The solution, once again, is simple. By visiting the website ourselves and pasting the content into ChatGPT, we can provide GPT with comprehensive information about the webpage. This approach bypasses the error-prone process of fetching and parsing a webpage, allowing GPT to produce accurate responses.

We now understand how ChatGPT processes files and webpages. It’s important to recognize that there are other players in the AI landscape, such as Anthropic. Anthropic’s Claude model uses a different technical approach to manage files. Since Claude does not yet support code execution or web browsing (yet), it directly integrates the content of the entire file into the context window. This can be verified by uploading a small plain text file that slightly exceeds Claude’s context window limit, which will result in an error message indicating that the file is too large.

In comparison, Claude typically demonstrates a higher level of intelligence in file handling than ChatGPT. This is because ChatGPT employs a method known as Retrieval Augmented Generation (RAG) for files that exceed the context window size. RAG works by first extracting relevant sections of the uploaded file to construct a prompt, which is then used to generate the final output. On the other hand, Claude builds the prompt directly from the entire file’s content. While this approach often results in a superior level of intelligence, it is also more costly, slower, and limited to handling files that fit within the context window. This places greater constraints on the product and increases the strain on the company’s inference infrastructure.

Understanding these differences in how files are handled by different AI products guides us in selecting the most appropriate tool for specific tasks. For instance, Claude is the preferable choice for complex tasks involving small files. However, for needs that include code execution or processing of larger files, ChatGPT is the more suitable option.

Treating ChatGPT like an Intern

In summary, the principle of making ChatGPT work could be summarized as treating it as an intern. Always ask yourself, is the information given to ChatGPT sufficient and convenient for it to solve your problem, with consideration of how it works internally? At the end of the day, even for human interns, we still need to do hand-holding, summarizing the requests instead of expecting them to track all the requests by themselves.
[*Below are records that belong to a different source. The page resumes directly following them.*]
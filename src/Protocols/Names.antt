-- ===== src/Protocols/Names.antt =====
-- The names of the protocols that jarvis/protocols/registry.py holds.
use jarvis_server.Prelude.{
  String, ◌≡◌, refl, sym, ap, ◌∙◌, Bool, true, false, Option, none, some, str_eq_iff, Bool-cases,
  inl, inr, arith,
}
use jarvis_server.Prelude.Dict.{Dict, get, get-put_self}
use jarvis_server.Protocols.{Protocol}
use jarvis_server.Protocols.Clashes.{none_passes, clash, IsClashFree, register-IsClashFree}
use jarvis_server.Protocols.Registry.{
  ProtocolRegistry, passes_at, some_with, same_name, save, drop_duplicate, duplicate_id, replace,
  register, Registration, duplicate_name,
}

module _ (folded : String → String) where
  -- Protocols under different keys have different names, up to case and outer space.
  abbrev pub IsDistinct : Dict Protocol → Type 0
  IsDistinct d =
      (j k : String) (p q : Protocol)
      → get j d ≡ some p
      → get k d ≡ some q
      → folded p.name ≡ folded q.name
      → j ≡ k

  named :
      (p q : Protocol) (o : Option Protocol)
      → o ≡ some q
      → folded q.name ≡ folded p.name
      → passes_at (same_name folded p) o ≡ true
  unfolding same_name
  named p q o e n = rw e ((str_eq_iff (folded q.name) (folded p.name)).1 n)

  pub IsClashFree-IsDistinct : (d : Dict Protocol) → IsClashFree folded d → IsDistinct d
  IsClashFree-IsDistinct d u j k p q ep eq n =
      u j k (ap (λ o. clash folded o (get k d)) ep ∙ named p q (get k d) eq (sym n))

  IsDistinct-IsClashFree : (d : Dict Protocol) → IsDistinct d → IsClashFree folded d
  unfolding same_name
  IsDistinct-IsClashFree d u j k h = by (get j d) (get k d) refl refl h
    where
      by : (x y : Option Protocol) → get j d ≡ x → get k d ≡ y → clash folded x y ≡ true → j ≡ k
      by none y ex ey c = cc
      by (some p) none ex ey c = cc
      by (some p) (some q) ex ey c =
          u j k p q ex ey (sym ((str_eq_iff (folded q.name) (folded p.name)).0 c))

  module _ {Row : Type 0} (row_of : Protocol → Row) where
    -- What `register` does about a protocol of the same name.
    abbrev pub NameSettled :
        Protocol → Bool → ProtocolRegistry Row → Registration × ProtocolRegistry Row → Type 0
    NameSettled p true s r =
        (get p.id r.1.protocols ≡ some p)
        × ((j : String) (q : Protocol)
            → get j r.1.protocols ≡ some q
            → folded q.name ≡ folded p.name
            → j ≡ p.id)
    NameSettled p false s r =
        (j : String) (q : Protocol)
        → get j s.protocols ≡ some q
        → folded q.name ≡ folded p.name
        → r ≡ (duplicate_name, s)

    register-there :
        (p : Protocol) (s : ProtocolRegistry Row)
        → get p.id (register folded row_of p true s).1.protocols ≡ some p
    unfolding register replace save
    register-there p s =
        get-put_self p.id p
          (drop_duplicate folded row_of (duplicate_id folded p s.protocols) s).protocols

    register-refused :
        (p : Protocol) (s : ProtocolRegistry Row) (j : String)
        → passes_at (same_name folded p) (get j s.protocols) ≡ true
        → register folded row_of p false s ≡ (duplicate_name, s)
    unfolding register
    register-refused p s j t = elim (Bool-cases (some_with (same_name folded p) s.protocols)) [
      | inl e ↦ rw e refl
      | inr e ↦ ground (arith, none_passes (same_name folded p) j s.protocols e)
    ]

    -- Registering keeps the names of the protocols distinct, up to case and outer space. With
    -- replacement the protocol is in the registry afterwards, and no protocol under another key has
    -- its name. Without it, when a protocol has the name, registering is refused as a duplicate name
    -- and the registry is unchanged.
    pub register-IsDistinct :
        (p : Protocol) (replace_duplicates : Bool) (s : ProtocolRegistry Row)
        → IsDistinct s.protocols
        → IsDistinct (register folded row_of p replace_duplicates s).1.protocols
          × NameSettled p replace_duplicates s (register folded row_of p replace_duplicates s)
    register-IsDistinct p true s u =
        let after = (register folded row_of p true s).1.protocols in
        let free =
          IsClashFree-IsDistinct after
            (register-IsClashFree folded row_of p true s (IsDistinct-IsClashFree s.protocols u)) in
        (free, (register-there p s, λ j q e n. free j p.id q p e (register-there p s) n))
    register-IsDistinct p false s u = (
      IsClashFree-IsDistinct (register folded row_of p false s).1.protocols
          (register-IsClashFree folded row_of p false s (IsDistinct-IsClashFree s.protocols u)),
      λ j q e n. register-refused p s j (named p q (get j s.protocols) e n),
    )
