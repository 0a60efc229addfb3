-- ===== src/Protocols/Tests.antt =====
-- Instances of the theorems on jarvis/protocols, and a protocol that is executed.
use jarvis_server.Prelude.{
  zero, suc, ℕ, String, ◌≡◌, refl, Bool, true, Option, none, some, List, [], ◌∷◌, str_eq,
  str_eq_iff, All, Bool-cases, inl, inr,
}
use jarvis_server.Prelude.Dict.{Dict, get, put}
use jarvis_server.Prelude.Text.{concat, decimal, decimal_from}
use jarvis_server.Value.{null, text, pair, Fields, end, field, field_of, set_field}
use jarvis_server.Protocols.{ProtocolStep, Protocol}
use jarvis_server.Protocols.Execution.{
  CapabilityResult, returned, Progress, partial, error_result, step_id, map_parameters, execute,
  execution_result,
}
use jarvis_server.Protocols.Calls.{IsPermitted, execute-IsPermitted}
use jarvis_server.Protocols.Registry.{ProtocolRegistry, register}
use jarvis_server.Protocols.Duplicates.{IsStored, register-IsStored}
use jarvis_server.Protocols.Clashes.{put-IsClashFree}
use jarvis_server.Protocols.Names.{
  IsDistinct, NameSettled, IsClashFree-IsDistinct, register-IsDistinct,
}

abbrev step : String → String → Dict String → ProtocolStep
step agent function mappings = record {
  agent = agent;
  function = function;
  parameters = end;
  parameter_mappings = mappings;
}

abbrev protocol : String → String → List ProtocolStep → Protocol
protocol id name steps = record {
  id = id;
  name = name;
  description = "";
  arguments = end;
  trigger_phrases = name ∷ [];
  steps = steps;
  argument_definitions = [];
  response = none;
}

abbrev evening : Protocol
evening = protocol "p1" "evening" (
    step "Lights" "set_color" (("color", "$color") ∷ [])
    ∷ step "Roku" "stop" []
    ∷ step "Chat" "say" []
    ∷ [])

abbrev world : ℕ → Fields → CapabilityResult
world zero params = returned (text "done")
world (suc n) params = returned (pair null (text ""))

abbrev allowed : Option (List String)
allowed = some ("Lights" ∷ "Chat" ∷ [])

abbrev agents : List String
agents = "Lights" ∷ "Chat" ∷ "Roku" ∷ []

abbrev failed : String → Bool
failed s = str_eq s "failed to"

abbrev run : Progress
run = execute failed allowed agents world (some (field "color" (text "red") end)) evening

run_results :
    run.results
    ≡ field "step_0_set_color" (text "done") (
        field "step_1_stop"
          (error_result "agent_disallowed")
          (field "step_2_say" (error_result "Unknown error") end))
unfolding execute step_id concat decimal decimal_from set_field map_parameters
run_results = refl

run_parts : execution_result evening run.results ≡ partial
unfolding execute step_id concat decimal decimal_from set_field map_parameters execution_result
    field_of
run_parts = refl

execute-IsPermitted_example : All (IsPermitted allowed agents) run.calls
execute-IsPermitted_example =
    execute-IsPermitted failed allowed agents world (some (field "color" (text "red") end)) evening

abbrev same : String → String
same s = s

abbrev name_of : Protocol → String
name_of p = p.name

abbrev registry : ProtocolRegistry String
registry = record { protocols = ("p1", evening) ∷ []; rows = ("p1", "evening") ∷ [] }

registry-IsStored : IsStored same name_of registry
unfolding get
registry-IsStored = (
  λ k. elim (Bool-cases (str_eq "p1" k)) [
    | inl b ↦ rw b ((str_eq_iff "p1" k).0 b)
    | inr b ↦ rw b refl
  ],
  λ k. elim (Bool-cases (str_eq "p1" k)) [ inl b ↦ rw b refl | inr b ↦ rw b refl ],
)

register-IsStored_example :
    IsStored same name_of (register same name_of (protocol "p2" "evening" []) true registry).1
register-IsStored_example =
    register-IsStored same name_of (protocol "p2" "evening" []) true registry registry-IsStored

registry-IsDistinct : IsDistinct same registry.protocols
unfolding get put
registry-IsDistinct =
    IsClashFree-IsDistinct same registry.protocols
      (put-IsClashFree same evening [] (λ k. refl) (λ j k h. cc))

abbrev second : Protocol
second = protocol "p2" "evening" []

register-IsDistinct_example :
    IsDistinct same (register same name_of second true registry).1.protocols
    × NameSettled same name_of second true registry (register same name_of second true registry)
register-IsDistinct_example =
    register-IsDistinct same name_of second true registry registry-IsDistinct
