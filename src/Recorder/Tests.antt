-- ===== src/Recorder/Tests.antt =====
-- A short session of the recorder of jarvis/core/method_recorder.py.
use jarvis_server.Prelude.{◌≡◌, true, false, none, some, [], ◌∷◌}
use jarvis_server.Value.{end}
use jarvis_server.Protocols.{ProtocolStep}
use jarvis_server.Recorder.{
  MethodRecorder, new_protocol, start, stop, record_all, stop-record_all-start,
}

abbrev lights_on : ProtocolStep
lights_on = record {
  agent = "Lights";
  function = "turn_on";
  parameters = end;
  parameter_mappings = [];
}

abbrev busy : MethodRecorder
busy = record { recording = true; protocol = some (new_protocol "p0" "old" ""); saved = [] }

stop-record_all-start_example :
    stop (record_all (lights_on ∷ lights_on ∷ []) (start "p1" "evening" "" busy)) ≡ (
      record {
        recording = false;
        protocol = none;
        saved = record (new_protocol "p1" "evening" "") { steps = lights_on ∷ lights_on ∷ [] } ∷ [];
      },
      some (record (new_protocol "p1" "evening" "") { steps = lights_on ∷ lights_on ∷ [] }),
    )
stop-record_all-start_example =
    stop-record_all-start "p1" "evening" "" (lights_on ∷ lights_on ∷ []) busy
Here I also want to emphasize another and the last mindset we wanted to share in this lesson, that is to have a dynamic view on the GenAI landscape. What we introduced above may be true for today, but in tomorrow, with more advanced models with longer context windows, it might become incorrect or not necessary anymore. Therefore, it’s always worth trying to explore the envelope of the capabilities of the GenAIs and always be curious to learn and build. When in doubt, design a quick experiment to verify your assumption. These are the keys to really understand and get around the common pitfalls of using GenAI.